**Task statement:** From the first line of the data below, repeat each line exactly until you reach the line with "primary = some g.next;"; include that line too.

Data section Block Start

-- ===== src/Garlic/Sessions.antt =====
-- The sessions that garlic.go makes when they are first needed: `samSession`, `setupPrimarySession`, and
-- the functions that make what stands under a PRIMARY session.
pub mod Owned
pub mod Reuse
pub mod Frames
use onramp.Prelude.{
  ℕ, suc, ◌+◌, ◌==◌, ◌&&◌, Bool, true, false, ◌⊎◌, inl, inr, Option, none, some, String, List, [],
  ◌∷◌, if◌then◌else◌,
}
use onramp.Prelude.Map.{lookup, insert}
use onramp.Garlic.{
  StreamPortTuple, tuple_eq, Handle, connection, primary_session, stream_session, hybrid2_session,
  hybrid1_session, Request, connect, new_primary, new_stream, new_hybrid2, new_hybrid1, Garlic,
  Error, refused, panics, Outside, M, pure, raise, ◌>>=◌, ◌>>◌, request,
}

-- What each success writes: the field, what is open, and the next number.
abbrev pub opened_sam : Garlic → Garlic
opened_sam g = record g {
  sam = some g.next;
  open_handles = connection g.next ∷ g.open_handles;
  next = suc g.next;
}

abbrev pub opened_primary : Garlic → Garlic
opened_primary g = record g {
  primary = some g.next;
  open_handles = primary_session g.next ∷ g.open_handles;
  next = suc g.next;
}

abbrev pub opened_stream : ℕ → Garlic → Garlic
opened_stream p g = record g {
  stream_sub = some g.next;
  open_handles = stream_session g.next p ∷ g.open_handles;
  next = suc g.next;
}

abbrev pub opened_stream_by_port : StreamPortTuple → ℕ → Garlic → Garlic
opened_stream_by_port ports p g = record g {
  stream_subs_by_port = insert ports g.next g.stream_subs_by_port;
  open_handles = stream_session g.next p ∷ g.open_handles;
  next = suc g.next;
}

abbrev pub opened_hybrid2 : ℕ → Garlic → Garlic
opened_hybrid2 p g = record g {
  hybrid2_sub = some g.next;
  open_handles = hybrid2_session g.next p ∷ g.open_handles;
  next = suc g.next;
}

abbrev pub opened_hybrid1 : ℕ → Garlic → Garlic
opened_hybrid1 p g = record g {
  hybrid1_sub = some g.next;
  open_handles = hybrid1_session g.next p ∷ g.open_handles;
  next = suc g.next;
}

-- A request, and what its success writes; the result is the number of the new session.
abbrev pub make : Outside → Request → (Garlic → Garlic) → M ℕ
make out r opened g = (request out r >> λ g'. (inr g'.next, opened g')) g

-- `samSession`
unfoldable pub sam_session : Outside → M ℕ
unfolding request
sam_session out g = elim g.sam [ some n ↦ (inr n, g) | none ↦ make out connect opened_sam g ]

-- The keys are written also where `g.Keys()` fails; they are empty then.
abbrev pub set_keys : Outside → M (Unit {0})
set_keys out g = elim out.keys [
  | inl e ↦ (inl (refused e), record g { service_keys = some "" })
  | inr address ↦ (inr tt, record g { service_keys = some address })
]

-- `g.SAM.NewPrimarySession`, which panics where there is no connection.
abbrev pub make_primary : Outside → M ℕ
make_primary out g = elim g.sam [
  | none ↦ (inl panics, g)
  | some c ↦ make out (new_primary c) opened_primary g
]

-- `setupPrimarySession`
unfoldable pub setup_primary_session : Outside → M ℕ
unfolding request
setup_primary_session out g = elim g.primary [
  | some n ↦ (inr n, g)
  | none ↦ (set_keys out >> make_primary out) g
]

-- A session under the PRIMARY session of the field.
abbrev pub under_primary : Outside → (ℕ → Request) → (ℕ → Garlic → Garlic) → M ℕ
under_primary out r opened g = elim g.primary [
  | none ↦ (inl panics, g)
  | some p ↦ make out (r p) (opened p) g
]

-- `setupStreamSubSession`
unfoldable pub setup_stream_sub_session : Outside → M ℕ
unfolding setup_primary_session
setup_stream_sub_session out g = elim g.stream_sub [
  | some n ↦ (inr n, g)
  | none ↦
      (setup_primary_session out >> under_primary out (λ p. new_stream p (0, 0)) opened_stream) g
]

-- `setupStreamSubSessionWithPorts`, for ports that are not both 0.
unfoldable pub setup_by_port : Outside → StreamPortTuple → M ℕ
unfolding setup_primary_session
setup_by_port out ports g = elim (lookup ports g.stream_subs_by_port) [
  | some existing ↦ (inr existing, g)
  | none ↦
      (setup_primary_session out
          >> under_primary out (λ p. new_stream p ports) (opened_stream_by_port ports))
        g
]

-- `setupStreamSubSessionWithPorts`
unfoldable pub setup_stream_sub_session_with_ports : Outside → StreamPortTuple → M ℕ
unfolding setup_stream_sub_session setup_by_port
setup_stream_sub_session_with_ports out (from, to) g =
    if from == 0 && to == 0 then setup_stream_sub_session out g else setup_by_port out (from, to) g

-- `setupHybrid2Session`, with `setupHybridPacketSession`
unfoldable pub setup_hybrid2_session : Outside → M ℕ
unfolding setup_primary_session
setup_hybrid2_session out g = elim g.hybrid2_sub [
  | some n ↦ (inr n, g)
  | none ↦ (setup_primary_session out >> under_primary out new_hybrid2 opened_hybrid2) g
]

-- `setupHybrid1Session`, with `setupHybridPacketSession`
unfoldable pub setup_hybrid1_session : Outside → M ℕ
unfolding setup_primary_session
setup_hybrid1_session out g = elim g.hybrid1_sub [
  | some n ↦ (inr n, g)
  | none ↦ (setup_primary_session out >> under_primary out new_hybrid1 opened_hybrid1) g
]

Data section Block End

**Answer below:**
-- ===== src/Garlic/Sessions.antt =====
-- The sessions that garlic.go makes when they are first needed: `samSession`, `setupPrimarySession`, and
-- the functions that make what stands under a PRIMARY session.
pub mod Owned
pub mod Reuse
pub mod Frames
use onramp.Prelude.{
  ℕ, suc, ◌+◌, ◌==◌, ◌&&◌, Bool, true, false, ◌⊎◌, inl, inr, Option, none, some, String, List, [],
  ◌∷◌, if◌then◌else◌,
}
use onramp.Prelude.Map.{lookup, insert}
use onramp.Garlic.{
  StreamPortTuple, tuple_eq, Handle, connection, primary_session, stream_session, hybrid2_session,
  hybrid1_session, Request, connect, new_primary, new_stream, new_hybrid2, new_hybrid1, Garlic,
  Error, refused, panics, Outside, M, pure, raise, ◌>>=◌, ◌>>◌, request,
}

-- What each success writes: the field, what is open, and the next number.
abbrev pub opened_sam : Garlic → Garlic
opened_sam g = record g {
  sam = some g.next;
  open_handles = connection g.next ∷ g.open_handles;
  next = suc g.next;
}

abbrev pub opened_primary : Garlic → Garlic
opened_primary g = record g {
  primary = some g.next;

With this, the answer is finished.